# Solvable cube if stickers randomly applied? What's the chance?



## ruwix (Apr 1, 2016)

I know that I have 1/12 chance that my cube will be solvable if I take it apart and assemble it randomly (edge and corner parity combined).

The question is what is the probability of a solvable cube if I peel off the stickers and stick them back randomly. :confused:


----------



## 00 (Apr 1, 2016)

43252003274489856000*9!^6/54! = 278628139008/651266248090757461677878416625 or about 0.000000000000000043%


----------



## SFCuber (Apr 1, 2016)

Very low. (Depending on your color scheme). If you have an edge with 2 blue stickers then its already at zero. Same with corners.


----------



## Lucas Garron (Apr 2, 2016)

00 said:


> 43252003274489856000*9!^6/54!



Multiply by an extra factor of 6! if you don't care about the color scheme.


----------



## 00 (Apr 2, 2016)

Lucas Garron said:


> Multiply by an extra factor of 6! if you don't care about the color scheme.

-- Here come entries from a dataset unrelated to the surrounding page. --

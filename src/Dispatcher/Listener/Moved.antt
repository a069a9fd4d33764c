-- ===== src/Dispatcher/Listener/Moved.antt =====
-- A section of the listener or of a worker moves commands and keeps their number: pkg/dispatcher/internal/queue_listener.go.
use tunnel_client.Base.{
  ◌≡◌, refl, ℕ, zero, suc, ◌+◌, Bool, true, false, not, ◌&&◌, ◌||◌, Option, none, some, List, [],
  ◌∷◌, ◌++◌, ◌==◌, if◌then◌else◌, Time, get_elem?, arith,
}
use tunnel_client.ErrorView.{ErrorView}
use tunnel_client.Activity.{WorkOutcome, set_accepting}
use tunnel_client.Dispatcher.Listener.{
  Phase, not_started, selecting, releasing, ended, crashed, refused, inline, Task, Listener,
  drop_at, take_command, is_empty_queue, leave_loop, begin_task, begin_submitted, resumed, end_task,
  start, take_if, leave_if, begin_inline, release,
}

abbrev pub one_if : Bool → ℕ
one_if true = 1
one_if false = 0

-- How often the command is in the list.
abbrev pub occurrences : ℕ → List ℕ → ℕ
occurrences c [] = 0
occurrences c (d ∷ ds) = one_if (c == d) + occurrences c ds

abbrev pub occurrences_running : ℕ → List Task → ℕ
occurrences_running c [] = 0
occurrences_running c (t ∷ ts) = one_if (c == t.command) + occurrences_running c ts

abbrev pub occurrences_refused : ℕ → Phase → ℕ
occurrences_refused c (refused d) = one_if (c == d)
occurrences_refused c not_started = 0
occurrences_refused c selecting = 0
occurrences_refused c releasing = 0
occurrences_refused c ended = 0
occurrences_refused c crashed = 0
occurrences_refused c inline = 0

-- Where the command is, all places together.
abbrev pub total : ℕ → Listener → ℕ
total c l =
    occurrences c l.queue
    + (occurrences_refused c l.phase
        + (occurrences c l.submitted
            + (occurrences_running c l.running + occurrences c l.processed)))

pub occurrences-append :
    (c : ℕ) (xs ys : List ℕ) → occurrences c (xs ++ ys) ≡ occurrences c xs + occurrences c ys
occurrences-append c [] ys = omega arith
occurrences-append c (x ∷ xs) ys = omega (arith, occurrences-append c xs ys)

same_head : (c x d n : ℕ) → some x ≡ some d → n + one_if (c == d) ≡ one_if (c == x) + n
same_head c x d n h = let e : x ≡ d = cc in rw e (omega arith)

same_task :
    (c : ℕ) (x t : Task) (n : ℕ)
    → some x ≡ some t
    → n + one_if (c == t.command) ≡ one_if (c == x.command) + n
same_task c x t n h = let e : x ≡ t = cc in rw e (omega arith)

occurrences-drop_at :
    (c d : ℕ) (k : ℕ) (xs : List ℕ)
    → get_elem? xs k ≡ some d
    → occurrences c (drop_at k xs) + one_if (c == d) ≡ occurrences c xs
occurrences-drop_at c d k [] h = cc
occurrences-drop_at c d zero (x ∷ xs) h = same_head c x d (occurrences c xs) h
occurrences-drop_at c d (suc k) (x ∷ xs) h = omega (arith, occurrences-drop_at c d k xs h)

occurrences_running-drop_at :
    (c : ℕ) (t : Task) (k : ℕ) (xs : List Task)
    → get_elem? xs k ≡ some t
    → occurrences_running c (drop_at k xs) + one_if (c == t.command) ≡ occurrences_running c xs
occurrences_running-drop_at c t k [] h = cc
occurrences_running-drop_at c t zero (x ∷ xs) h = same_task c x t (occurrences_running c xs) h
occurrences_running-drop_at c t (suc k) (x ∷ xs) h =
    omega (arith, occurrences_running-drop_at c t k xs h)

-- The loop runs, or was left with the context canceled or the queue closed and empty.
abbrev pub is_past : Phase → Bool
is_past releasing = true
is_past ended = true
is_past _ = false

-- Past the loop, the context is canceled or the queue is closed and empty.
abbrev pub is_left : Listener → Bool
is_left l = not (is_past l.phase) || (l.canceled || (l.closed && is_empty_queue l.queue))

-- A section that neither adds a command nor loses one.
abbrev pub IsMoved : Listener → Listener → Type 0
IsMoved l l' =
    ((c : ℕ) → total c l' ≡ total c l)
    × (l'.closed ≡ l.closed)
    × (is_left l ≡ true → is_left l' ≡ true)

pub IsMoved-same : (l : Listener) → IsMoved l l
IsMoved-same l = (λ c. refl, refl, λ h. h)

take_command-IsMoved :
    (now : Time) (accepted : Bool) (q : List ℕ) (l : Listener)
    → l.queue ≡ q
    → l.phase ≡ selecting
    → IsMoved l (take_command now accepted q l)
unfolding take_command
take_command-IsMoved now accepted [] l e p = IsMoved-same l
take_command-IsMoved now true (d ∷ ds) l e p =
    (λ c. rw (e, p) (grind (arith, occurrences-append c l.submitted (d ∷ []))), refl, λ h. refl)
take_command-IsMoved now false (d ∷ ds) l e p = (λ c. rw (e, p) (grind arith), refl, λ h. refl)

IsMoved-if :
    (b : Bool) (l l' : Listener) → (b ≡ true → IsMoved l l') → IsMoved l (if b then l' else l)
IsMoved-if true l l' h = h refl
IsMoved-if false l l' h = IsMoved-same l

leave_loop-IsMoved : (l : Listener) → l.phase ≡ selecting → IsMoved l (leave_loop l)
unfolding leave_loop set_accepting
leave_loop-IsMoved l p =
    IsMoved-if (l.canceled || (l.closed && is_empty_queue l.queue)) l _
      (λ a. (λ c. rw p refl, refl, λ h. a))

pub start-IsMoved : (p : Phase) (l : Listener) → l.phase ≡ p → IsMoved l (start p l)
unfolding start set_accepting
start-IsMoved not_started l p = (λ c. rw p refl, refl, λ h. refl)
start-IsMoved selecting l p = IsMoved-same l
start-IsMoved releasing l p = IsMoved-same l
start-IsMoved ended l p = IsMoved-same l
start-IsMoved crashed l p = IsMoved-same l
start-IsMoved (refused d) l p = IsMoved-same l
start-IsMoved inline l p = IsMoved-same l

pub take_if-IsMoved :
    (p : Phase) (now : Time) (accepted : Bool) (l : Listener)
    → l.phase ≡ p
    → IsMoved l (take_if p now accepted l)
unfolding take_if
take_if-IsMoved not_started now accepted l p = IsMoved-same l
take_if-IsMoved selecting now accepted l p = take_command-IsMoved now accepted l.queue l refl p
take_if-IsMoved releasing now accepted l p = IsMoved-same l
take_if-IsMoved ended now accepted l p = IsMoved-same l
take_if-IsMoved crashed now accepted l p = IsMoved-same l
take_if-IsMoved (refused d) now accepted l p = IsMoved-same l
take_if-IsMoved inline now accepted l p = IsMoved-same l

pub leave_if-IsMoved : (p : Phase) (l : Listener) → l.phase ≡ p → IsMoved l (leave_if p l)
unfolding leave_if
leave_if-IsMoved not_started l p = IsMoved-same l
leave_if-IsMoved selecting l p = leave_loop-IsMoved l p
leave_if-IsMoved releasing l p = IsMoved-same l
leave_if-IsMoved ended l p = IsMoved-same l
leave_if-IsMoved crashed l p = IsMoved-same l
leave_if-IsMoved (refused d) l p = IsMoved-same l
leave_if-IsMoved inline l p = IsMoved-same l

pub begin_submitted-IsMoved :
    (place : ℕ) (o : Option ℕ) (now : Time) (l : Listener)
    → get_elem? l.submitted place ≡ o
    → IsMoved l (begin_submitted place o now l)
unfolding begin_submitted begin_task
begin_submitted-IsMoved place none now l h = IsMoved-same l
begin_submitted-IsMoved place (some d) now l h =
    (λ c. omega (arith, occurrences-drop_at c d place l.submitted h), refl, λ g. g)

pub begin_inline-IsMoved :
    (p : Phase) (now : Time) (l : Listener) → l.phase ≡ p → IsMoved l (begin_inline p now l)
unfolding begin_inline begin_task
begin_inline-IsMoved not_started now l p = IsMoved-same l
begin_inline-IsMoved selecting now l p = IsMoved-same l
begin_inline-IsMoved releasing now l p = IsMoved-same l
begin_inline-IsMoved ended now l p = IsMoved-same l
begin_inline-IsMoved crashed now l p = IsMoved-same l
begin_inline-IsMoved (refused d) now l p = (λ c. rw p (omega arith), refl, λ h. refl)
begin_inline-IsMoved inline now l p = IsMoved-same l

-- Resuming the loop touches no command, and does not undo leaving it.
resumed_lem :
    (c : ℕ) (b finished : Bool) (p : Phase)
    → (occurrences_refused c (resumed b finished p) ≡ occurrences_refused c p)
      × (is_past (resumed b finished p) ≡ is_past p)
resumed_lem c true true inline = (refl, refl)
resumed_lem c true false inline = (refl, refl)
resumed_lem c true finished not_started = (refl, refl)
resumed_lem c true finished selecting = (refl, refl)
resumed_lem c true finished releasing = (refl, refl)
resumed_lem c true finished ended = (refl, refl)
resumed_lem c true finished crashed = (refl, refl)
resumed_lem c true finished (refused d) = (refl, refl)
resumed_lem c false finished p = (refl, refl)

pub end_task-IsMoved :
    (place : ℕ) (o : Option Task) (now : Time) (finished : Bool) (err : Option ErrorView)
    (cause : Bool) (outcome : WorkOutcome) (l : Listener)
    → get_elem? l.running place ≡ o
    → IsMoved l (end_task place o now finished err cause outcome l)
unfolding end_task
end_task-IsMoved place none now finished err cause outcome l h = IsMoved-same l
end_task-IsMoved place (some t) now finished err cause outcome l h = (
  λ c. omega (
    arith,
    occurrences_running-drop_at c t place l.running h,
    (resumed_lem c t.is_inline finished l.phase).0,
  ),
  refl,
  λ g. rw (resumed_lem 0 t.is_inline finished l.phase).1 g,
)

pub release-IsMoved : (p : Phase) (l : Listener) → l.phase ≡ p → IsMoved l (release p l)
unfolding release
release-IsMoved not_started l p = IsMoved-same l
release-IsMoved selecting l p = IsMoved-same l
release-IsMoved releasing l p = (λ c. rw p refl, refl, λ h. rw p at h)
release-IsMoved ended l p = IsMoved-same l
release-IsMoved crashed l p = IsMoved-same l
release-IsMoved (refused d) l p = IsMoved-same l
release-IsMoved inline l p = IsMoved-same l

Oh yes of course. The probablity is still pretty much zero, though.


----------



## Kit Clement (Apr 2, 2016)

Maybe a more difficult and related probability question: If an artist/advertiser/etc. puts an image of a cube in their work, only showing three faces, what is the probability that there exists a possible sticker arrangement for the other three faces where it is solvable? Would be interesting to see this for when forcing the standard color scheme and when not forcing it. 

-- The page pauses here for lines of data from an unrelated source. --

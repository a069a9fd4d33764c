-- ===== src/Dispatcher/Listener/Conserved.antt =====
-- No command is lost or processed twice: pkg/dispatcher/internal/queue_listener.go.
use tunnel_client.Base.{
  ◌≡◌, refl, ap, ◌∙◌, ℕ, ◌+◌, Bool, true, false, not, ◌&&◌, ◌||◌, Option, List, [], ◌∷◌, ◌++◌, ◌==◌,
  if◌then◌else◌, arith,
}
use tunnel_client.Dispatcher.Listener.{
  ended, Listener, new_listener, Event, offered, queue_closed, context_canceled, starts, takes,
  leaves, task_begins, inline_begins, task_ends, pool_released, is_empty_queue, step, run,
}
use tunnel_client.Dispatcher.Listener.Moved.{
  one_if, occurrences, total, occurrences-append, is_left, is_past, start-IsMoved, take_if-IsMoved,
  leave_if-IsMoved, begin_submitted-IsMoved, begin_inline-IsMoved, end_task-IsMoved,
  release-IsMoved,
}

-- How often the command was put into the queue before it was closed.
abbrev pub offers : (closed : Bool) → ℕ → List Event → ℕ
offers closed c [] = 0
offers closed c (offered d ∷ es) = (if closed then 0 else one_if (c == d)) + offers closed c es
offers closed c (queue_closed ∷ es) = offers true c es
offers closed c (context_canceled ∷ es) = offers closed c es
offers closed c (starts ∷ es) = offers closed c es
offers closed c (takes now accepted ∷ es) = offers closed c es
offers closed c (leaves ∷ es) = offers closed c es
offers closed c (task_begins place now ∷ es) = offers closed c es
offers closed c (inline_begins now ∷ es) = offers closed c es
offers closed c (task_ends place now finished err cause outcome ∷ es) = offers closed c es
offers closed c (pool_released ∷ es) = offers closed c es

-- What one event does to the number of each command, to the end of the queue, and to the loop.
abbrev IsStep : Event → Listener → Listener → Type 0
IsStep e l l' =
    ((c : ℕ) (es : List Event)
      → total c l' + offers l'.closed c es ≡ total c l + offers l.closed c (e ∷ es))
    × (is_left l ≡ true → is_left l' ≡ true)

still_left :
    (p k c q q' : Bool) → c ≡ false → (p || (k || (c && q))) ≡ true → (p || (k || (c && q'))) ≡ true
still_left p k c q q' e h = ground arith

left_closed : (p k c q : Bool) → (p || (k || (c && q))) ≡ true → (p || (k || q)) ≡ true
left_closed p k c q h = ground arith

left_canceled : (p k q : Bool) → (p || (k || q)) ≡ true → (p || true) ≡ true
left_canceled p k q h = ground arith

offered_if :
    (b : Bool) (d : ℕ) (l : Listener)
    → l.closed ≡ b
    → ((c : ℕ) (es : List Event)
        → total c (if b then l else record l { queue = l.queue ++ (d ∷ []) })
            + offers (if b then l else record l { queue = l.queue ++ (d ∷ []) }).closed c es
          ≡ total c l + ((if b then 0 else one_if (c == d)) + offers l.closed c es))
      × (is_left l ≡ true
          → is_left (if b then l else record l { queue = l.queue ++ (d ∷ []) }) ≡ true)
offered_if true d l e = (λ c es. omega arith, λ h. h)
offered_if false d l e = (
  λ c es. omega (arith, occurrences-append c l.queue (d ∷ [])),
  still_left (not (is_past l.phase)) l.canceled l.closed (is_empty_queue l.queue) _ e,
)

moved_lem : (t t' o o' : ℕ) → t' ≡ t → o' ≡ o → t' + o' ≡ t + o
moved_lem t t' o o' h g = omega arith

step-IsStep : (e : Event) (l : Listener) → IsStep e l (step e l)
unfolding step
step-IsStep (offered d) l = offered_if l.closed d l refl
step-IsStep queue_closed l =
    (λ c es. refl, left_closed (not (is_past l.phase)) l.canceled l.closed (is_empty_queue l.queue))
step-IsStep context_canceled l = (
  λ c es. refl,
  left_canceled (not (is_past l.phase)) l.canceled (l.closed && is_empty_queue l.queue),
)
step-IsStep starts l =
    let m = start-IsMoved l.phase l refl in
    (λ c es. moved_lem _ _ _ _ (m.0 c) (ap (λ b. offers b c es) m.1), m.2)
step-IsStep (takes now accepted) l =
    let m = take_if-IsMoved l.phase now accepted l refl in
    (λ c es. moved_lem _ _ _ _ (m.0 c) (ap (λ b. offers b c es) m.1), m.2)
step-IsStep leaves l =
    let m = leave_if-IsMoved l.phase l refl in
    (λ c es. moved_lem _ _ _ _ (m.0 c) (ap (λ b. offers b c es) m.1), m.2)
step-IsStep (task_begins place now) l =
    let m = begin_submitted-IsMoved place _ now l refl in
    (λ c es. moved_lem _ _ _ _ (m.0 c) (ap (λ b. offers b c es) m.1), m.2)
step-IsStep (inline_begins now) l =
    let m = begin_inline-IsMoved l.phase now l refl in
    (λ c es. moved_lem _ _ _ _ (m.0 c) (ap (λ b. offers b c es) m.1), m.2)
step-IsStep (task_ends place now finished err cause outcome) l =
    let m = end_task-IsMoved place _ now finished err cause outcome l refl in
    (λ c es. moved_lem _ _ _ _ (m.0 c) (ap (λ b. offers b c es) m.1), m.2)
step-IsStep pool_released l =
    let m = release-IsMoved l.phase l refl in
    (λ c es. moved_lem _ _ _ _ (m.0 c) (ap (λ b. offers b c es) m.1), m.2)

run-total :
    (es : List Event) (c : ℕ) (l : Listener) → total c (run es l) ≡ total c l + offers l.closed c es
unfolding run
run-total [] c l = omega arith
run-total (e ∷ es) c l = run-total es c (step e l) ∙ (step-IsStep e l).0 c es

run-is_left : (es : List Event) (l : Listener) → is_left l ≡ true → is_left (run es l) ≡ true
unfolding run
run-is_left [] l h = h
run-is_left (e ∷ es) l h = run-is_left es (step e l) ((step-IsStep e l).1 h)

-- However the poller, the listener and the workers take turns, each command is in as many places as
-- it was put into the queue before that was closed: waiting in the queue, refused by the pool and
-- about to be processed in line, a task of the pool, in a call of the processor, or processed. And
-- the loop is left, except by a panic, only with the context canceled or with the queue closed and
-- empty.
pub run-IsConserved :
    (pool_limit : Option ℕ) (es : List Event) (c : ℕ)
    → (total c (run es (new_listener pool_limit)) ≡ offers false c es)
      × (is_left (run es (new_listener pool_limit)) ≡ true)
run-IsConserved pool_limit es c = (
  omega (arith, run-total es c (new_listener pool_limit)),
  run-is_left es (new_listener pool_limit) refl,
)

never : (k c : Bool) → (false || (k || (c && false))) ≡ true → k ≡ false → ⊥
never k c h e = ground arith

drained_lem :
    (q : List ℕ) (k c : Bool)
    → (false || (k || (c && is_empty_queue q))) ≡ true
    → k ≡ false
    → q ≡ []
drained_lem [] k c h e = refl
drained_lem (d ∷ q) k c h e = absurd (never k c h e)

four_zeros : (n m : ℕ) → 0 + (0 + (0 + (0 + n))) ≡ m → n ≡ m
four_zeros n m h = omega arith

-- When the listener has ended without its context being canceled, and no worker has a task left,
-- each command has been processed as often as it was put into the queue: none was dropped, whether
-- or not the pool took it.
pub run-IsDrained :
    (pool_limit : Option ℕ) (es : List Event) (c : ℕ)
    → (run es (new_listener pool_limit)).phase ≡ ended
    → (run es (new_listener pool_limit)).canceled ≡ false
    → (run es (new_listener pool_limit)).submitted ≡ []
    → (run es (new_listener pool_limit)).running ≡ []
    → occurrences c (run es (new_listener pool_limit)).processed ≡ offers false c es
run-IsDrained pool_limit es c p k s r =
    let l = run es (new_listener pool_limit) in
    let a = run-IsConserved pool_limit es c in
    let q = drained_lem l.queue l.canceled l.closed (rw p at a.1) k in
    four_zeros _ _ (rw (q, p, s, r) at a.0)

The tricky part for me is that I'm not sure how to make a comprehensive list of the ways that stickering 3 sides can fail, gaining a list of restrictions on coloring the stickers, and then turning that into a counting problem.


----------



## JustinTimeCuber (Apr 2, 2016)

00 said:


> Oh yes of course. *The probablity is still pretty much zero*, though.



like your username...


----------



## Matt11111 (Apr 2, 2016)

Man, this looks like a good Mathcounts problem. I guess I should go solve it.


----------



## Dapianokid (Apr 4, 2016)

Kit Clement said:


> Maybe a more difficult and related probability question: If an artist/advertiser/etc. puts an image of a cube in their work, only showing three faces, what is the probability that there exists a possible sticker arrangement for the other three faces where it is solvable? Would be interesting to see this for when forcing the standard color scheme and when not forcing it.
> 
> The tricky part for me is that I'm not sure how to make a comprehensive list of the ways that stickering 3 sides can fail, gaining a list of restrictions on coloring the stickers, and then turning that into a counting problem.

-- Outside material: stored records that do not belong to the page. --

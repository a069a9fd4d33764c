-- ===== src/Dispatcher/Processor.antt =====
-- What a polled command comes to: `Process` of pkg/dispatcher/internal/processor.go and the methods it
-- calls. The channels are the registered ones with what `routable` answers now; connections,
-- writes and the answers to posts are the environment.
pub mod Order
pub mod Answers
use tunnel_client.Base.{
  ℕ, zero, suc, Bool, true, false, not, ◌&&◌, ◌||◌, Option, none, some, List, [], ◌∷◌, leb,
  if◌then◌else◌, Bytes, bytes_eq, is_empty, is_some,
}
use tunnel_client.Channel.{canonical, default_channel}
use tunnel_client.Discovery.{
  Fetch, Retried, Metadata, found, no_urls, metadata_failed, fetch_oauth_metadata,
}
use tunnel_client.Dispatcher.Failure.{
  TransportError, no_error, TunnelFailure, classify_tunnel_failure,
}
use tunnel_client.Dispatcher.Forwarding.{
  Post, answer, failure_answer, acknowledgement, channel_error, terminated, metadata, Sent, Turn,
  Forwarded, forward_responses,
}

-- A request; one without an identifier is a notification.
pub record Request : Type 0 where
  pub identifier : Option ℕ

pub data CommandKind : Type 0 where
  json_rpc : (message : Option Request) → CommandKind
  oauth_discovery session_termination unknown_command : CommandKind

pub record Command : Type 0 where
  pub shard_token : Bytes
  pub channel : Bytes
  pub kind : CommandKind

-- `terminates` says that the transport is a `SessionTerminatingTransport`.
pub record ChannelConfig : Type 0 where
  pub routable : Bool
  pub supports_mcp : Bool
  pub supports_oauth : Bool
  pub supports_session_termination : Bool
  pub terminates : Bool

-- `written_status` is 0 where there is no response.
pub record Environment : Type 0 where
  pub deadline_passed : Bool
  pub connect_error : Option TransportError
  pub done_after_connect : Bool
  pub written_status : ℕ
  pub write_error : Option TransportError
  pub preserved : Option Bytes
  pub done_after_write : Bool
  pub turns : List Turn
  pub terminated_status : ℕ
  pub terminate_error : Option TransportError
  pub server_url : Bool
  pub candidates : Option (List Fetch × List Retried)
  pub failure_encodes : Bool
  pub accepted : Bool

-- The posts for a command, whether `Process` returns an error, and whether it returns.
pub record Processed : Type 0 where
  pub posts : List Sent
  pub failed : Bool
  pub returns : Bool

abbrev pub failed_without_post : Processed
failed_without_post = record { posts = []; failed = true; returns = true }

abbrev pub dropped : Processed
dropped = record { posts = []; failed = false; returns = true }

-- `postTunnelResponse` with the error it returns.
abbrev pub post_once : Environment → Post → Processed
post_once env p = record {
  posts = (p, env.accepted) ∷ [];
  failed = not env.accepted;
  returns = true;
}

abbrev pub the_error : Option TransportError → TransportError
the_error none = no_error
the_error (some e) = e

abbrev pub normalize_transport_status_code : ℕ → Option TransportError → ℕ
normalize_transport_status_code (suc n) e = suc n
normalize_transport_status_code zero (some e) = 502
normalize_transport_status_code zero none = 200

unfoldable pub post_failure : Environment → (code : ℕ) → TunnelFailure → Processed
post_failure env code f =
    if env.failure_encodes then post_once env (failure_answer code f) else failed_without_post

unfoldable pub connect_failed : Environment → Option ℕ → TransportError → Processed
unfolding post_failure
connect_failed env identifier e =
    let status = normalize_transport_status_code 0 (some e) in
    if env.done_after_connect
    then failed_without_post
    else if not (is_some identifier)
    then post_once env (acknowledgement status)
    else post_failure env status (classify_tunnel_failure 0 e)

abbrev pub forwarded : Forwarded → Processed
forwarded f = record { posts = f.posts; failed = false; returns = f.ended }

abbrev pub is_failed_write : ℕ → Option TransportError → Bool
is_failed_write status error = is_some error || leb 400 status

abbrev pub answer_request : Environment → ℕ → Option ℕ → Processed
answer_request env status none = post_once env (acknowledgement status)
answer_request env status (some request) =
    forwarded (forward_responses status request true env.turns)

abbrev pub written : Environment → ℕ → Option ℕ → Option Bytes → Processed
written env status identifier (some payload) = post_once env (answer payload status)
written env status identifier none =
    if is_failed_write status env.write_error
    then post_failure env status
        (classify_tunnel_failure env.written_status (the_error env.write_error))
    else answer_request env status identifier

abbrev pub connected : Environment → Option ℕ → Processed
connected env identifier =
    if env.done_after_connect || env.done_after_write
    then failed_without_post
    else written env (normalize_transport_status_code env.written_status env.write_error) identifier
        env.preserved

abbrev pub exchange : Environment → Option ℕ → Option TransportError → Processed
exchange env identifier (some e) = connect_failed env identifier e
exchange env identifier none = connected env identifier

unfoldable pub process_json_rpc_command : Environment → Option Request → Processed
unfolding post_failure connect_failed forward_responses
process_json_rpc_command env none = failed_without_post
process_json_rpc_command env (some request) = exchange env request.identifier env.connect_error

unfoldable pub process_session_termination_command : Environment → ChannelConfig → Processed
process_session_termination_command env c =
    if not c.supports_session_termination
    then post_once env (terminated 405)
    else if not c.terminates
    then failed_without_post
    else post_once env
        (terminated (normalize_transport_status_code env.terminated_status env.terminate_error))

abbrev pub discovered : Environment → Metadata → Processed
discovered env (found candidate status) = post_once env (metadata status)
discovered env no_urls = failed_without_post
discovered env (metadata_failed t) = failed_without_post

abbrev pub discover : Environment → Option (List Fetch × List Retried) → Processed
discover env none = failed_without_post
discover env (some ([], second)) = failed_without_post
discover env (some (f ∷ first, second)) = discovered env (fetch_oauth_metadata (f ∷ first) second)

unfoldable pub process_oauth_discovery_command : Environment → Processed
process_oauth_discovery_command env =
    if not env.server_url then failed_without_post else discover env env.candidates

-- An error is returned also when the post is accepted.
abbrev pub post_rejection : Environment → Post → Processed
post_rejection env p = record (post_once env p) { failed = true }

unfoldable pub reject_unsupported_channel : Environment → CommandKind → Processed
reject_unsupported_channel env (json_rpc none) = failed_without_post
reject_unsupported_channel env (json_rpc (some request)) =
    if env.failure_encodes then post_rejection env (channel_error 400) else failed_without_post
reject_unsupported_channel env oauth_discovery = post_rejection env (channel_error 400)
reject_unsupported_channel env session_termination = post_rejection env (terminated 400)
reject_unsupported_channel env unknown_command = failed_without_post

abbrev pub lookup : Bytes → List (Bytes × ChannelConfig) → Option ChannelConfig
lookup name [] = none
lookup name ((n, c) ∷ cs) = if bytes_eq name n then some c else lookup name cs

-- The canonical name of the channel, and the default one for a command without channel.
unfoldable pub channel_of : Command → Bytes
channel_of cmd = if is_empty cmd.channel then default_channel else canonical cmd.channel

abbrev pub dispatch : Environment → Bytes → CommandKind → ChannelConfig → Processed
dispatch env channel (json_rpc message) c = process_json_rpc_command env message
dispatch env channel oauth_discovery c =
    if not (bytes_eq channel default_channel) || not c.supports_oauth
    then reject_unsupported_channel env oauth_discovery
    else process_oauth_discovery_command env
dispatch env channel session_termination c = process_session_termination_command env c
dispatch env channel unknown_command c = failed_without_post

abbrev pub route : Environment → Bytes → CommandKind → Option ChannelConfig → Processed
route env channel kind none = reject_unsupported_channel env kind
route env channel kind (some c) =
    if not c.routable || not c.supports_mcp
    then reject_unsupported_channel env kind
    else dispatch env channel kind c

unfoldable pub process : List (Bytes × ChannelConfig) → Environment → Command → Processed
unfolding process_json_rpc_command process_session_termination_command
    process_oauth_discovery_command reject_unsupported_channel channel_of
process channels env cmd =
    if is_empty cmd.shard_token
    then failed_without_post
    else if env.deadline_passed
    then dropped
    else route env (channel_of cmd) cmd.kind (lookup (channel_of cmd) channels)
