-- ===== src/Cap/Valid/Setters.antt =====
-- Setters keep a capability well-formed.
use separation_kernel.Prelude.{ℕ, ◌≤◌, ◌<◌, ◌^◌, ◌≡◌, arith}
use separation_kernel.Cap.Base.{Cap, get_type}
use separation_kernel.Cap.CapType
use separation_kernel.Cap.Memory
use separation_kernel.Cap.Memory.Accessors as MemoryAccessors
use separation_kernel.Cap.Time
use separation_kernel.Cap.Time.Accessors as TimeAccessors
use separation_kernel.Cap.Channels
use separation_kernel.Cap.Channels.Accessors as ChannelsAccessors
use separation_kernel.Cap.Supervisor
use separation_kernel.Cap.Supervisor.Accessors as SupervisorAccessors
use separation_kernel.Cap.Valid.Defs.{IsValid}

module _ (c : Cap) (valid : IsValid c) where
  pub memory_free-IsValid :
      (v : ℕ)
      → get_type c ≡ CapType.memory
      → Memory.get_begin c ≤ v
      → v ≤ Memory.get_end c
      → IsValid (Memory.set_free c v)
  unfolding Memory.fields
  memory_free-IsValid v t lo hi =
      let lt = MemoryAccessors.fields-lt c in
      let set = MemoryAccessors.fields-set_free c v valid.word (omega arith) in ground arith

  pub time_free-IsValid :
      (v : ℕ)
      → get_type c ≡ CapType.time
      → Time.get_begin c ≤ v
      → v ≤ Time.get_end c
      → IsValid (Time.set_free c v)
  unfolding Time.fields
  time_free-IsValid v t lo hi =
      let lt = TimeAccessors.fields-lt c in
      let set = TimeAccessors.fields-set_free c v valid.word (omega arith) in ground arith

  pub channels_free-IsValid :
      (v : ℕ)
      → get_type c ≡ CapType.channels
      → Channels.get_begin c ≤ v
      → v ≤ Channels.get_end c
      → IsValid (Channels.set_free c v)
  unfolding Channels.fields
  channels_free-IsValid v t lo hi =
      let lt = ChannelsAccessors.fields-lt c in
      let set = ChannelsAccessors.fields-set_free c v valid.word (omega arith) in ground arith

  pub supervisor_free-IsValid :
      (v : ℕ)
      → get_type c ≡ CapType.supervisor
      → Supervisor.get_begin c ≤ v
      → v ≤ Supervisor.get_end c
      → IsValid (Supervisor.set_free c v)
  unfolding Supervisor.fields
  supervisor_free-IsValid v t lo hi =
      let lt = SupervisorAccessors.fields-lt c in
      let set = SupervisorAccessors.fields-set_free c v valid.word (omega arith) in ground arith

  pub memory_pmp-IsValid :
      (v : ℕ) → get_type c ≡ CapType.memory → v < 2 ^ 8 → IsValid (Memory.set_pmp c v)
  unfolding Memory.fields
  memory_pmp-IsValid v t h =
      let set = MemoryAccessors.fields-set_pmp c v valid.word h in ground arith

I'm no expert and I haven't given this as much thought as you, but my main issue with solving this problem stems from figuring out which questions _not_ to answer. 
My take on the problem, correct me if I'm wrong, before asking what the probability is that there exists a possible sticker arrangement for the other three faces where it is solvable, ask: "How do we know that the visible 3 faces indicate an unsolvable position?"

Obviously, 27 stickers must be visible.
There may not be more than 9 of a color visible in total.
There may not be more than one of a color on any center.
There may not be more than 4 of the same color on any corner or edge.
On any one piece, there may not be more than one of a specific color.


That's all I've got so far. With three invisible pieces, it's impossible to tell if there is illegal orientation parity or permutation parity in the edges or corners.

Curious discussion!


----------



## 00 (Apr 17, 2016)

EminentCuber said:


> I absolutely love this part of the forum!
> 
> I've been hard at work making equations and quantifying all this data.
> 
> ...



This is not the correct answer... the 54 stickers aren't all unique, so there are fewer than 54! ways to arrange them.



> Once completely solved, this is your answer:
> 0.
> And I mean this legitimately.
> The computing power of the entire fleet of an average Airline would not be able to compute the answer to a quantifiable number other than 0.



No... the number is positive, which means it is not zero, and I can easily compute it to a lot of digits: 0.000000000000000000000000000000000000000000001422103989345743645216458545800499169872628252719370729936591517132547683030602326252059492655156448357673450533196070973736641912895463250288389528076468188229280281803031898896...


----------



## qqwref (Apr 17, 2016)

You don't take identical stickers into account, or different color schemes (the cube is still solvable with a weird color scheme - in the sense that you can turn the layers to get every face to have a solid color). Also, there's nothing "astonishing" about your result... and it is very easy to divide one integer by a larger one, you can do it by hand with paper and a pencil, or on any computer with the right software (even a programmable calculator or cheap smartphone).


----------



## EminentCuber (Apr 17, 2016)

I did make some mistakes in my mathematics, for which I apologize.


----------



## adimare (Apr 17, 2016)

EminentCuber said:


> We know the possibility of correct permutations is as follows:
> 43,252,003,274,489,856,000
> Because
> 12!/8! * 2^11 * 3^7


If you're not gonna explain an equation in any way, you shouldn't bother writing it down.
What if your teacher explained permutations to you by just saying:
"We know the that we can arrange 6 elements in 720 different ways because 6!"



EminentCuber said:


> If we take this number and divide it by the possible number of sticker arrangements: 54!. We can get the number the probability that if you randomly remove and put adhere stickers it will be a solvable permutation.


As others have pointed out: No.



EminentCuber said:


> Once completely solved, this is your answer:
> 0


It's not.



EminentCuber said:


> The computing power of the entire fleet of *an average Airline* would not be able to compute the answer to a quantifiable number other than 0.


What about an above average Airline?



EminentCuber said:


> ANALOGY
> [random facts about the weight of a Rubik's cube]


What?


----------